| Information shown |
---------------
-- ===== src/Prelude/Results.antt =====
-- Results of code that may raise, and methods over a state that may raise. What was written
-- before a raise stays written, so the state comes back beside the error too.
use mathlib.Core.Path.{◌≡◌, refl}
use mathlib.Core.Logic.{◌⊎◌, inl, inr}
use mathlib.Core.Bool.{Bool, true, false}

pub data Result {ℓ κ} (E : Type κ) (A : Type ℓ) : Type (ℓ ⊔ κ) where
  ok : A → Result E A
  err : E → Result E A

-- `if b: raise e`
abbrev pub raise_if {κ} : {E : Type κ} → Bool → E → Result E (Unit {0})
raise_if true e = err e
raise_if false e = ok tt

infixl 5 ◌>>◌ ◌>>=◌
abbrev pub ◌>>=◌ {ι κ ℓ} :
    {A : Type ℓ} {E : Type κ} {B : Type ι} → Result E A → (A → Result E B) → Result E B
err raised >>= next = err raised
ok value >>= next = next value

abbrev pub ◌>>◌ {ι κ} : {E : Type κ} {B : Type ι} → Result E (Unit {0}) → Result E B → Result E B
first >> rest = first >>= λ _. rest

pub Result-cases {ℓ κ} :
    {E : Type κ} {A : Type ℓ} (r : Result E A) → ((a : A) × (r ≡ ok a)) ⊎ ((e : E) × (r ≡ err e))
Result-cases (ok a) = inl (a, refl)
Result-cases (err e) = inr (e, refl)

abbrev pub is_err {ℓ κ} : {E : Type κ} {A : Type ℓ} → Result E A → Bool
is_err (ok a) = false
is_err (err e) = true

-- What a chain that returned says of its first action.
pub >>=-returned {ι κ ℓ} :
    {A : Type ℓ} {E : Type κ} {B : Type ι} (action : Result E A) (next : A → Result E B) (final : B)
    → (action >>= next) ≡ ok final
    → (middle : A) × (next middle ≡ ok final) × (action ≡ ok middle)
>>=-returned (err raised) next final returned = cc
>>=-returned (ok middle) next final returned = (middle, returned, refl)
---------------
| What is being asked |
For this task, print the records again exactly as they appear.

| Reply |
-- ===== src/Prelude/Results.antt =====
-- Results of code that may raise, and methods over a state that may raise. What was written
-- before a raise stays written, so the state comes back beside the error too.
use mathlib.Core.Path.{◌≡◌, refl}
use mathlib.Core.Logic.{◌⊎◌, inl, inr}
use mathlib.Core.Bool.{Bool, true, false}

pub data Result {ℓ κ} (E : Type κ) (A : Type ℓ) : Type (ℓ ⊔ κ) where
  ok : A → Result E A
  err : E → Result E A

-- `if b: raise e`
abbrev pub raise_if {κ} : {E : Type κ} → Bool → E → Result E (Unit {0})
raise_if true e = err e
raise_if false e = ok tt

infixl 5 ◌>>◌ ◌>>=◌
abbrev pub ◌>>=◌ {ι κ ℓ} :
    {A : Type ℓ} {E : Type κ} {B : Type ι} → Result E A → (A → Result E B) → Result E B
err raised >>= next = err raised
ok value >>= next = next value

abbrev pub ◌>>◌ {ι κ} : {E : Type κ} {B : Type ι} → Result E (Unit {0}) → Result E B → Result E B
first >> rest = first >>= λ _. rest

pub Result-cases {ℓ κ} :
    {E : Type κ} {A : Type ℓ} (r : Result E A) → ((a : A) × (r ≡ ok a)) ⊎ ((e : E) × (r ≡ err e))
Result-cases (ok a) = inl (a, refl)
Result-cases (err e) = inr (e, refl)

abbrev pub is_err {ℓ κ} : {E : Type κ} {A : Type ℓ} → Result E A → Bool
is_err (ok a) = false
is_err (err e) = true

-- What a chain that returned says of its first action.
pub >>=-returned {ι κ ℓ} :
    {A : Type ℓ} {E : Type κ} {B : Type ι} (action : Result E A) (next : A → Result E B) (final : B)
    → (action >>= next) ≡ ok final
    → (middle : A) × (next middle ≡ ok final) × (action ≡ ok middle)
>>=-returned (err raised) next final returned = cc
>>=-returned (ok middle) next final returned = (middle, returned, refl)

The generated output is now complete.